Which one you use in the office is dependent on a number of factors, such as the initial cost, price per page, speed, longevity, and so on. There's a lot to get wrong, so it needs to be thoroughly considered before making the final call.
Back in the day, inkjet was often recommended for home use, while laser printers were more popular in enterprises and offices, but this isn't necessarily the case anymore. Laser printers used to be known for being faster and more durable, but inkjet technology has slowly narrowed that gap. However, laser printers are still known for being much quieter and with a smoother finish, with no warm-up time required before printing.
Are laser printers better?
If your decision is based on speed, there isn't much of a difference between inkjet printers and laser printers. The former used to max out at around 30ppm in black and white, and 10ppm for colour, while most laser printers could hit 40ppm in both colour or black and white.
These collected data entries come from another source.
-- ===== src/Orders/Repository.antt =====
-- repository/postgres/order_repository.go: the transactions on the orders. An id that is `none` is the
-- empty text, a side of a trade that is not an order of this service.
use Prim.Native.String.{String}
use text.Mathlib.Text.{◌==◌ as same_text}
use tradedrift.Base.{
  ℕ, ◌+◌, ◌-◌, Option, none, some, Bool, true, false, not, ◌&&◌, List, [], ◌∷◌, ◌++◌, ltb, leb,
  if◌then◌else◌, first_row, any_row, update_rows,
}
use tradedrift.Base.Outcomes.{Outcome, ok, ◌>>=◌, ◌>>◌, check, require}
use tradedrift.Orders.Table.{
  OrderSide, side_buy, side_sell, OrderStatus, partially_filled, filled, cancelling, cancelled,
  Order, OrderCommand, OrderTables, OrderError, order_not_found, order_not_cancellable,
  duplicate_idempotency_key, rejected, is_cancellable, is_unsettled, is_fillable, same_side,
}

unfoldable pub order_of : String → List Order → Option Order
order_of id = first_row (λ o. same_text o.id id)

-- A key of its own clashes with no row; a missing key, which is NULL, clashes with none.
unfoldable pub same_idempotency_key : Option String → Option String → Bool
same_idempotency_key (some a) (some b) = same_text a b
same_idempotency_key _ _ = false

-- The insert of an order; its outbox row is left out if it has no payload.
unfoldable pub create_order :
    {P : Type 0} → Order → Option P → OrderTables P → Outcome OrderError (OrderTables P)
create_order {P = P} o payload db = do
  check (not (any_row (λ x. same_text x.id o.id) db.orders)) rejected
  check (not (any_row (λ x. same_idempotency_key x.idempotency_key o.idempotency_key) db.orders))
      duplicate_idempotency_key
  let events : List (OrderCommand P) = elim payload [
    | none ↦ []
    | some p ↦
        record {
          aggregate_id = o.id;
          event_type = "OrderCreated";
          payload = p;
          partition_key = o.market_id;
        }
        ∷ []
  ]
  ok (record db { orders = db.orders ++ (o ∷ []); outbox = db.outbox ++ events })

-- The UPDATE's condition, and then the row that it writes.
abbrev pub start_cancel : Order → Order
start_cancel o = record o { status = cancelling }

unfoldable pub update_status_to_cancelling :
    {P : Type 0} → Order → P → OrderTables P → Outcome OrderError (OrderTables P)
update_status_to_cancelling {P = P} o payload db = do
  let exists = any_row (λ x. same_text x.id o.id && same_text x.user_id o.user_id) db.orders
  orders ←
      require
        (update_rows
          (λ x. same_text x.id o.id && (same_text x.user_id o.user_id && is_cancellable x.status))
          start_cancel db.orders)
        (if exists then order_not_cancellable else order_not_found)
  let event : OrderCommand P = record {
    aggregate_id = o.id;
    event_type = "OrderCancelRequested";
    payload = payload;
    partition_key = o.market_id;
  }
  ok (record db { orders = orders; outbox = db.outbox ++ (event ∷ []) })

-- INSERT INTO wallet_releases ... ON CONFLICT (order_id) DO NOTHING.
unfoldable pub enqueue_release : String → List String → List String
enqueue_release order releases =
    if any_row (same_text order) releases then releases else releases ++ (order ∷ [])

-- The columns that a fill writes; `LEAST` and `GREATEST` are written out.
abbrev pub fill_status : OrderStatus → OrderStatus
fill_status cancelling = cancelling
fill_status cancelled = cancelled
fill_status _ = partially_filled

unfoldable pub fill_row : ℕ → Order → Order
fill_row quantity o = record o {
  filled_quantity =
      if leb o.quantity (o.filled_quantity + quantity)
      then o.quantity
      else o.filled_quantity + quantity;
  remaining_quantity = o.remaining_quantity - quantity;
  status = if leb o.remaining_quantity quantity then filled else fill_status o.status;
}

-- SELECT ... FOR UPDATE of the order of a side, if the trade has one.
unfoldable pub lock_order :
    {P : Type 0} → Option String → OrderTables P → Outcome OrderError (Option Order)
lock_order none db = ok none
lock_order (some id) db = do o ← require (order_of id db.orders) order_not_found; ok (some o)

unfoldable pub validate_fill : Option Order → OrderSide → ℕ → Outcome OrderError (Unit {0})
validate_fill none side quantity = ok tt
validate_fill (some o) side quantity = do
  check (same_side o.side side) rejected
  check (is_fillable o.status) rejected
  check (leb quantity o.remaining_quantity) rejected

-- The update of a locked order; an order that it fills is queued for a release.
unfoldable pub fill_order :
    {P : Type 0} → Option Order → OrderSide → ℕ → OrderTables P → Outcome OrderError (OrderTables P)
fill_order none side quantity db = ok db
fill_order (some o) side quantity db = do
  orders ←
      require
        (update_rows (λ x. same_text x.id o.id && same_side x.side side) (fill_row quantity)
          db.orders)
        rejected
  let releases =
      if leb o.remaining_quantity quantity
      then enqueue_release o.id db.wallet_releases
      else db.wallet_releases
  ok (record db { orders = orders; wallet_releases = releases })

unfoldable pub same_order : Option String → Option String → Bool
same_order (some a) (some b) = same_text a b
same_order _ _ = false

unfoldable pub same_market : Option Order → Option Order → Bool
same_market (some a) (some b) = same_text a.market_id b.market_id
same_market _ _ = true

-- The part of ApplyTradeFill after the check that the trade is new.
unfoldable pub apply_new_fill :
    {P : Type 0}
    → String
    → Option String
    → Option String
    → ℕ
    → OrderTables P
    → Outcome OrderError (OrderTables P)
apply_new_fill {P = P} trade buy_id sell_id quantity db = do
  buy ← lock_order buy_id db
  sell ← lock_order sell_id db
  validate_fill buy side_buy quantity
  validate_fill sell side_sell quantity
  check (same_market buy sell) rejected
  let recorded : OrderTables P = record db {
    processed_trades = db.processed_trades ++ (trade ∷ []);
  }
  bought ← fill_order buy side_buy quantity recorded
  fill_order sell side_sell quantity bought

-- `quantity` is the fill's positive decimal, `none` a text that is none.
unfoldable pub apply_trade_fill :
    {P : Type 0}
    → String
    → Option String
    → Option String
    → Option ℕ
    → OrderTables P
    → Outcome OrderError (OrderTables P)
apply_trade_fill trade buy_id sell_id quantity db = do
  n ← require quantity rejected
  check (ltb 0 n) rejected
  check (not (same_order buy_id sell_id)) rejected
  let applied = apply_new_fill trade buy_id sell_id n db
  if any_row (same_text trade) db.processed_trades then ok db else applied

-- An UPDATE of an order that is not settled, which queues its release; `none` is no such order, and
-- then nothing is written.
unfoldable pub settled_rows :
    {P : Type 0} → Option (List Order) → String → OrderTables P → Option (OrderTables P)
settled_rows none id db = none
settled_rows (some orders) id db =
    some (record db { orders = orders; wallet_releases = enqueue_release id db.wallet_releases })

unfoldable pub settle_order :
    {P : Type 0} → (Order → Order) → String → OrderTables P → Option (OrderTables P)
settle_order f id db =
    settled_rows (update_rows (λ o. same_text o.id id && is_unsettled o.status) f db.orders) id db

abbrev pub cancel_row : Order → Order
cancel_row o = record o { status = cancelled }

unfoldable pub mark_order_cancelled : {P : Type 0} → String → OrderTables P → Option (OrderTables P)
mark_order_cancelled id db = settle_order cancel_row id db

abbrev pub absent_row : Order → Order
absent_row o = record o {
  status = if leb o.quantity o.filled_quantity then filled else cancelled;
  remaining_quantity = if leb o.quantity o.filled_quantity then 0 else o.remaining_quantity;
}

unfoldable pub reconcile_absent_order :
    {P : Type 0} → String → OrderTables P → Option (OrderTables P)
reconcile_absent_order id db = settle_order absent_row id db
Even now, with modern laser printers capable of 60ppm or even 70ppm, there isn't a significant gulf. A newer generation of office-ready inkjet printers, with A4-spanning print heads that can reach speeds of up to 75ppm. The only real advantage for lasers, in this area, is speed of the first printed page, which is around 7.5 seconds. Although inkjets are not much slower, printing the first page in around 9.5 seconds.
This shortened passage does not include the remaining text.